# polishing shell casings



## cybermania (Apr 22, 2006)

polishing shell casings is pretty straight forward with the walnut media and corn cob media but what are some of the methods some of you use to polish/clean those dirty filthy ones? Come on, give up some of those secrets its only the internet.......I wont tell.....I promise....:bounce:


----------



## davidb (May 10, 2006)

Wipe down with Neverdull is usually all that's needed as I don't use range cases. Soak in liquid cleaner to get the inside about every other loading..

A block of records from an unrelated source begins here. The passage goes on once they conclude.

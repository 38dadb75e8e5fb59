-- ===== src/Node/Monitor/Unchanged.antt =====
-- What nodeInfoMonitor does to the users of a node that has not changed.
use ccaa.Base.{
  String, nat_eq, string_eq, ◌&&◌, ◌≡◌, ◌≢◌, ◌⊎◌, inl, inr, refl, ap, ◌∙◌, Option-cases, List, [],
  ◌∷◌, none, some, if◌then◌else◌, arith,
}
use ccaa.Panel.User.{UserInfo}
use ccaa.Panel.Node.{NodeInfo}
use ccaa.Limiter.Registry.{Registry}
use ccaa.Limiter.Users.{update_user}
use ccaa.Core.Interface.{Core, Error}
use ccaa.Node.Users.{compare_user_list}
use ccaa.Node.Controller.{Controller, modify_limiter}
use ccaa.Node.Monitor.{
  is_nil, drop_users, take_users, after_take, after_drop, limit_users, change_users,
}

module _ {S R : Type 0} (core : Core S R) where
  -- What the server is asked for the deleted users and then for the added ones, where there are any,
  -- under a tag and for a node; and what the calls leave and give.
  abbrev pub asked_to_delete : List UserInfo → String → NodeInfo → S → S × Error
  asked_to_delete [] tag info s = (s, none)
  asked_to_delete (u ∷ us) tag info s = core.del_users (u ∷ us) tag info s

  abbrev pub asked_to_add : List UserInfo → String → NodeInfo → S → S × Error
  asked_to_add [] tag info s = (s, none)
  asked_to_add (u ∷ us) tag info s =
      let (s', n, e) = core.add_users (record { tag = tag; users = u ∷ us; node_info = info }) s in
      (s', e)

module _ {S X B R : Type 0} (core : Core S R) where
  -- What a call of the server leaves as it is.
  abbrev pub IsServed : Controller S X B R → Controller S X B R → Type 0
  IsServed c d =
      (d.user_list ≡ c.user_list)
      × (d.registry ≡ c.registry)
      × (d.tag ≡ c.tag)
      × (d.limiter ≡ c.limiter)

  pub drop_users-IsServed :
      (us : List UserInfo) (c : Controller S X B R) → IsServed c (drop_users core us c).0
  unfolding drop_users
  drop_users-IsServed [] c = (refl, refl, refl, refl)
  drop_users-IsServed (u ∷ us) c = (refl, refl, refl, refl)

  pub take_users-IsServed :
      (us : List UserInfo) (c : Controller S X B R) → IsServed c (take_users core us c).0
  unfolding take_users
  take_users-IsServed [] c = (refl, refl, refl, refl)
  take_users-IsServed (u ∷ us) c = (refl, refl, refl, refl)

  -- What the limiters become when the limiter of `c` is told.
  abbrev pub told : List UserInfo → List UserInfo → Controller S X B R → Registry X B
  told deleted added c =
      if is_nil added && is_nil deleted
      then c.registry
      else modify_limiter (update_user c.tag added deleted) c.limiter c.registry

  drop_users-asked :
      (us : List UserInfo) (c : Controller S X B R)
      → drop_users core us c ≡ (
        record c { server = (asked_to_delete core us c.tag c.info c.server).0 },
        (asked_to_delete core us c.tag c.info c.server).1,
      )
  unfolding drop_users
  drop_users-asked [] c = refl
  drop_users-asked (u ∷ us) c = refl

  take_users-asked :
      (us : List UserInfo) (c : Controller S X B R)
      → take_users core us c ≡ (
        record c { server = (asked_to_add core us c.tag c.info c.server).0 },
        (asked_to_add core us c.tag c.info c.server).1,
      )
  unfolding take_users
  take_users-asked [] c = refl
  take_users-asked (u ∷ us) c = refl

  -- The list and the limiters of `d` are those of `c`, or the new ones.
  abbrev pub IsOld : Controller S X B R → Controller S X B R → Type 0
  IsOld c d = (d.user_list ≡ c.user_list) × (d.registry ≡ c.registry)

  abbrev pub IsNew :
      List UserInfo
      → List UserInfo
      → List UserInfo
      → Controller S X B R
      → Controller S X B R
      → Type 0
  IsNew deleted added us c d = (d.user_list ≡ us) × (d.registry ≡ told deleted added c)

  -- What a round has done, where the server is asked for the deleted users (s1, e1), then for the
  -- added ones (s2, e2).
  abbrev pub IsRound :
      List UserInfo
      → List UserInfo
      → List UserInfo
      → Controller S X B R
      → Controller S X B R
      → Type 0
  IsRound deleted added us c d =
      let (s1, e1) = asked_to_delete core deleted c.tag c.info c.server in
      let (s2, e2) = asked_to_add core added c.tag c.info s1 in
      ((e1 ≡ none) × (e2 ≡ none) × (d.server ≡ s2) × IsNew deleted added us c d)
      ⊎ ((e1 ≢ none) × (d.server ≡ s1) × IsOld c d)
      ⊎ ((e1 ≡ none) × (e2 ≢ none) × (d.server ≡ s2) × IsOld c d)

  limit_users-server :
      (deleted added : List UserInfo) (c : Controller S X B R)
      → (limit_users core deleted added c).server ≡ c.server
  unfolding limit_users
  limit_users-server deleted added c = ground arith

  -- After the added users, with what the server has left and given.
  after_take-whole :
      (deleted added us : List UserInfo) (c : Controller S X B R) (s : S) (e : Error)
      → let d = after_take core deleted added us (record c { server = s }, e) in
        ((e ≡ none) × (d.server ≡ s) × IsNew deleted added us c d)
        ⊎ ((e ≢ none) × (d.server ≡ s) × IsOld c d)
  unfolding limit_users
  after_take-whole deleted added us c s none =
      inl (refl, limit_users-server deleted added (record c { server = s }), (refl, ground arith))
  after_take-whole deleted added us c s (some text) =
      inr (λ e. absurd (ground (arith, e)), refl, (refl, refl))

  -- A round on users whose node has not changed first asks the server to delete the users that are
  -- no longer there, if there are any, and then, unless that gave an error, to add the new ones, if
  -- there are any. If neither call gives an error, the new list is kept, and the limiter has been
  -- given the same added and deleted users. If one gives an error, the list and the limiters are as
  -- they were, while the server is as its calls left it: it may have dropped the deleted users.
  pub change_users-whole :
      (us : List UserInfo) (c : Controller S X B R)
      → let (deleted, added) = compare_user_list c.user_list us in
        IsRound deleted added us c (change_users core us c)
  unfolding change_users
  change_users-whole us c =
      let (deleted, added) = compare_user_list c.user_list us in
      let (s1, e1) = asked_to_delete core deleted c.tag c.info c.server in
      let c1 : Controller S X B R = record c { server = s1 } in
      let (s2, e2) = asked_to_add core added c.tag c.info s1 in
      let after = after_drop core deleted added us in
      let dropped = ap after (drop_users-asked deleted c) in
      elim (Option-cases e1) [
        | inr (text, h) ↦
            let same = dropped ∙ ap (λ e. after (c1, e)) h in
            inr (
              inl (
                λ g. absurd (ground (arith, g, h)),
                ap Controller.server same,
                (ap Controller.user_list same, ap Controller.registry same),
              ))
        | inl h ↦
            let same =
              dropped
              ∙ ap (λ e. after (c1, e)) h
              ∙ ap (after_take core deleted added us) (take_users-asked added c1) in
            elim (after_take-whole deleted added us c1 s2 e2) [
              | inl (f, g, (k, l)) ↦ inl (
                h,
                f,
                ap Controller.server same ∙ g,
                (ap Controller.user_list same ∙ k, ap Controller.registry same ∙ l),
              )
              | inr (f, g, (k, l)) ↦ inr (
                  inr (
                    h,
                    f,
                    ap Controller.server same ∙ g,
                    (ap Controller.user_list same ∙ k, ap Controller.registry same ∙ l),
                  ))
            ]
      ]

If I did big batches for an automatic then I would use the polisher more.


----------



## beachrat (Mar 12, 2005)

i use nu-finish car polish in my crushed walnut, comes out clean and shiny


----------



## Pocketfisherman (May 30, 2005)

I put two capfuls of Hopps Number nine nitro solvent in with the walnut media and it cuts the tumbling time in half. DO NOT use copper bore solvent cleaner. It has ammonia and will leach the copper out of the brass severely weakening it.


----------



## Timemachine (Nov 25, 2008)

davidb and beachrat ...... yep.

X2


----------



## cybermania (Apr 22, 2006)

yep..... heard of the nu-finish thing before.....have to give it a try.....i cut bounce fabric softner sheets into one inch squares.....cuts down on the dust .....


----------



## Ernest (May 21, 2004)

Just got done doing 3000 5.56/.223 rangers from an outdoor location. 

Walnut to clean the filth. Corncob to shine. Buy the walnut as lizard litter at Petco/Petmart. 

I cleaned with the walnut, fired the brass, and then next round thru, used the corn cob for that gold luster. 

For stains/dark brass, try Lemonshine. Dishwasher product with citric acid. Turns them a bit pink but removes the tranish. Also pretty effective in cleaning carbon.


----------



## Bantam1 (Jun 26, 2007)

I just toss a cap full of Flitz metal polish in with my media. It seems to do the trick. Personally I toss the really bad looking range brass out. If I pick it up and its pretty bad looking then I won't take it.


----------



## cybermania (Apr 22, 2006)

the ugly ones just need more love.........


----------



## B-Money (May 2, 2005)

T's told me to use a little Brasso. It works ok.

I like the idea of nufinish.


----------



## Screeminreel (Jun 2, 2004)

After years of reloading and gathering and sorting out range cases, I finally decided to heck with it. Pretty shiny cases are fine but they generally don't shoot much if any better than ugly ones. 

I purchased my media from a sand blasting supply house. Ground walnut and cob in the size I wanted. I think it was $13 for the cob and 15 or 18 for the walnut in 50# bags. 

I fill up the tumblers with each and add in a tablespoon or so of Flitz, then toss in a few old scrap cases to help mix and distribute the polish. After about 20 minutes I pull the cases and the media is ready for use. Nasty cases go into the walnut and simply dirty ones go into the cob. I run them for around 2-5 hours depending on which the case may be. After this they get inspect trimmed and loaded. As long as all of the actual powder residue and grime is gone I don't worry about the freckles or skin spots. Some might look like lepers, but they still shoot to my expectations.


----------



## cybermania (Apr 22, 2006)

i tried a little of the solvent in the media worked pretty good...i also used some dillon polish.......thanks for all your suggestions


----------



## dsim3240 (Nov 12, 2008)

I shot a lot of blackpowder cartridge and these cases come back *really* tarnished with carbon buildup inside. 
But I have a very simple cleaning system;First I decap the cases with a decapper(not a sizeing die) the I put them in a large plastic bottle and add a small amount of dish washing liquid. Then I fill it with HOT tap water and shack vigorously. Dain the water and refill. Continue to change out the water until all the soap and carbon is out. At this point I lay the cases out to dry. The next day I put them in my tumbler with walnut and a tablespoon of BRASSO and tumble for 1 hour. the cases come out nice and clean. ready to be reloaded.
This may sound like a lot of work but it only takes my 15 minutes to do 100rds.


----------